Now, clearly for any $n \in \mathbb{N}$, $t^{-n}Ht^n$ is properly contained in $t^{-n-1} H t^{n+1}$, so $$\bigcap_{j \ge n} H^{t^j}= H^{t^n},$$ hence $$H_\infty=\liminf_{j \to \infty} H^{t^j}=\bigcup_{n \in \mathbb{Z}} H^{t^n}.$$ It is easy to see that the latter is an infinitely generated normal subgroup of $G$.

Again, by choosing $\phi$ appropriately we can make sure that $$\bigcap_{j\in \mathbb{N}} \phi^j(H)=\bigcap_{j \in \mathbb{N}} H^{t^{-j}}=\{1\},$$ so $H$ cannot contain any normal subgroup of $G$. Thus $H_\infty$ is not contained in any conjugate of $H$ in $G$.
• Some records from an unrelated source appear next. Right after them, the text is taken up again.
-- ===== src/Task/Refines/Signals.antt =====
-- The signal calls as moves.
use mcr.Prelude.{
  ℕ, refl, Bool, true, false, List, [], ◌∷◌, inl, inr, Option-cases, Bool-cases, holds,
  if◌then◌else◌, ◌+◌,
}
use mcr.Prelude.OrdSet
use mcr.Sys.Errno.{eintr}
use mcr.Task.State.{GuestKernel, GuestTask, runnable, is_futex_wait}
use mcr.Task.Kernel.{process, task, edit_task}
use mcr.Task.Mask.{take_pending_signal}
use mcr.Task.Signal.{
  take_from_process, take_pending_signal_for_task, SignalWaiter, wake_signal_waiter,
  deliver_to_waiter, wake_waiters, wake_signal_waiters, queue_process_signal, queue_task_signal,
  signal_blocked, interrupt_futex_waiter,
}
use mcr.Task.Futex.{end_futex_wait}
use mcr.Task.Moves.{
  KeptTask, Moves, done, Moves-trans, Moves-set_state, Moves-edit_task, Moves-edit_process,
}

pub kept_pending :
    (t : GuestTask) (left : List ℕ) → KeptTask t (record t { pending_signals = left })
kept_pending t left = record { tid = refl; pid = refl; state = refl; mask = λ h. h }

pub Moves-if :
    {k m n : GuestKernel} (b : Bool) → Moves k m → Moves k n → Moves k (if b then m else n)
Moves-if true a b = a
Moves-if false a b = b

take_from_process-Moves :
    (pid mask : ℕ) (k : GuestKernel) → Moves k (take_from_process pid mask k).1
unfolding take_from_process
take_from_process-Moves pid mask k = elim (Option-cases (process k pid)) [
  | inl e ↦ rw (e, take_from_process) done
  | inr (p, e) ↦
      rw (e, take_from_process)
        (Moves-edit_process done pid _ (λ x. record { pid = refl; parent = refl; children = refl }))
]

pub take_pending_signal_for_task-Moves :
    (tid pid mask : ℕ) (k : GuestKernel) → Moves k (take_pending_signal_for_task tid pid mask k).1
unfolding take_pending_signal_for_task
take_pending_signal_for_task-Moves tid pid mask k = elim (Option-cases (task k tid)) [
  | inl e ↦ rw (e, take_pending_signal_for_task) (take_from_process-Moves pid mask k)
  | inr (t, e) ↦ elim (Option-cases (take_pending_signal t.pending_signals mask).0) [
    | inl e' ↦ rw (e, e', take_pending_signal_for_task) (take_from_process-Moves pid mask k)
    | inr (signal, e') ↦
        rw (e, e', take_pending_signal_for_task)
          (Moves-edit_task done tid _ (λ x _. kept_pending x _))
  ]
]

delivered : (b : Bool) (signal : ℕ) (t : GuestTask) → KeptTask t (deliver_to_waiter b signal t)
unfolding deliver_to_waiter
delivered true signal t = record { tid = refl; pid = refl; state = refl; mask = λ h. h }
delivered false signal t = record { tid = refl; pid = refl; state = refl; mask = λ h. h }

wake_signal_waiter-Moves :
    (w : SignalWaiter) (signal : ℕ) (k : GuestKernel) → Moves k (wake_signal_waiter w signal k)
unfolding wake_signal_waiter
wake_signal_waiter-Moves w signal k =
    Moves-set_state (Moves-edit_task done w.tid _ (λ x _. delivered w.returns_signal signal x))
      w.tid runnable

-- One waiter of the loop, then the rest.
wake_waiters-Moves :
    (pid : ℕ) (ws : List SignalWaiter) (woken : ℕ) (k : GuestKernel)
    → Moves k (wake_waiters pid ws woken k).1
unfolding wake_waiters
wake_waiters-Moves pid [] woken k = done
wake_waiters-Moves pid (w ∷ ws) woken k =
    elim (Option-cases (take_pending_signal_for_task w.tid pid w.mask k).0) [
      | inl e ↦
          rw (e, wake_waiters)
            (Moves-trans taken
              (wake_waiters-Moves pid ws woken (take_pending_signal_for_task w.tid pid w.mask k).1))
      | inr (signal, e) ↦
          elim (Option-cases (task (take_pending_signal_for_task w.tid pid w.mask k).1 w.tid)) [
            | inl e' ↦
                rw (e, e', wake_waiters)
                  (Moves-trans taken (
                    wake_waiters-Moves pid ws woken
                      (take_pending_signal_for_task w.tid pid w.mask k).1))
            | inr (t, e') ↦
                rw (e, e', wake_waiters)
                  (Moves-trans (Moves-trans taken (wake_signal_waiter-Moves w signal _)) (
                    wake_waiters-Moves pid ws (woken + 1) (
                      wake_signal_waiter w signal
                        (take_pending_signal_for_task w.tid pid w.mask k).1)))
          ]
    ]
  where
    taken : Moves k (take_pending_signal_for_task w.tid pid w.mask k).1
    taken = take_pending_signal_for_task-Moves w.tid pid w.mask k

wake_signal_waiters-Moves : (pid : ℕ) (k : GuestKernel) → Moves k (wake_signal_waiters pid k).1
unfolding wake_signal_waiters
wake_signal_waiters-Moves pid k = wake_waiters-Moves pid _ 0 k

pub queue_process_signal-Moves :
    (pid signal : ℕ) (k : GuestKernel) → Moves k (queue_process_signal pid signal k)
unfolding queue_process_signal
queue_process_signal-Moves pid signal k =
    Moves-trans
      (Moves-edit_process done pid _ (λ x. record { pid = refl; parent = refl; children = refl }))
      (wake_signal_waiters-Moves pid _)

pub end_futex_wait-Moves :
    (error tid : ℕ) (k : GuestKernel) → Moves k (end_futex_wait error tid k).1
unfolding end_futex_wait
end_futex_wait-Moves error tid k =
    elim (Bool-cases (holds (λ t. is_futex_wait t.state) (task k tid))) [
      | inl e ↦
          rw (e, end_futex_wait)
            (Moves-set_state
              (Moves-edit_task done tid _
                (λ x _. record { tid = refl; pid = refl; state = refl; mask = λ h. h }))
              tid runnable)
      | inr e ↦ rw (e, end_futex_wait) done
    ]

pub queue_task_signal-Moves :
    (tid signal : ℕ) (k : GuestKernel) → Moves k (queue_task_signal tid signal k)
unfolding queue_task_signal interrupt_futex_waiter
queue_task_signal-Moves tid signal k = elim (Option-cases (task k tid)) [
  | inl e ↦ rw (e, queue_task_signal) done
  | inr (t, e) ↦ rw (e, queue_task_signal) (Moves-trans (woken t.pid) (interrupted t.pid))
]
  where
    queued : GuestKernel
    queued =
        edit_task tid (λ x. record x { pending_signals = OrdSet.insert signal x.pending_signals }) k

    woken : (pid : ℕ) → Moves k (wake_signal_waiters pid queued).1
    woken pid =
        Moves-trans (Moves-edit_task done tid _ (λ x _. kept_pending x _))
          (wake_signal_waiters-Moves pid _)

    interrupted :
        (pid : ℕ)
        → Moves (wake_signal_waiters pid queued).1 (
            if signal_blocked (wake_signal_waiters pid queued).1 tid signal
            then (wake_signal_waiters pid queued).1
            else (interrupt_futex_waiter tid (wake_signal_waiters pid queued).1).1)
    interrupted pid =
        Moves-if (signal_blocked (wake_signal_waiters pid queued).1 tid signal) done
          (end_futex_wait-Moves eintr tid (wake_signal_waiters pid queued).1)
If you don't need $H$ to be finitely generated, then it should be easy to construct an example even when $G$ is the free group of rank $2$. Take $G=\langle a, t \rangle$ and $H=\langle t^{n} a t^{-n} \mid n\in \mathbb{N}\rangle$. Then the same argument shows that $\liminf_{j \to \infty} H^{t^j}= \langle t^n a t^{-n} \mid n\in \mathbb{Z}\rangle$. The fact that this is not contained in any conjugate of $H$ should not be difficult to show.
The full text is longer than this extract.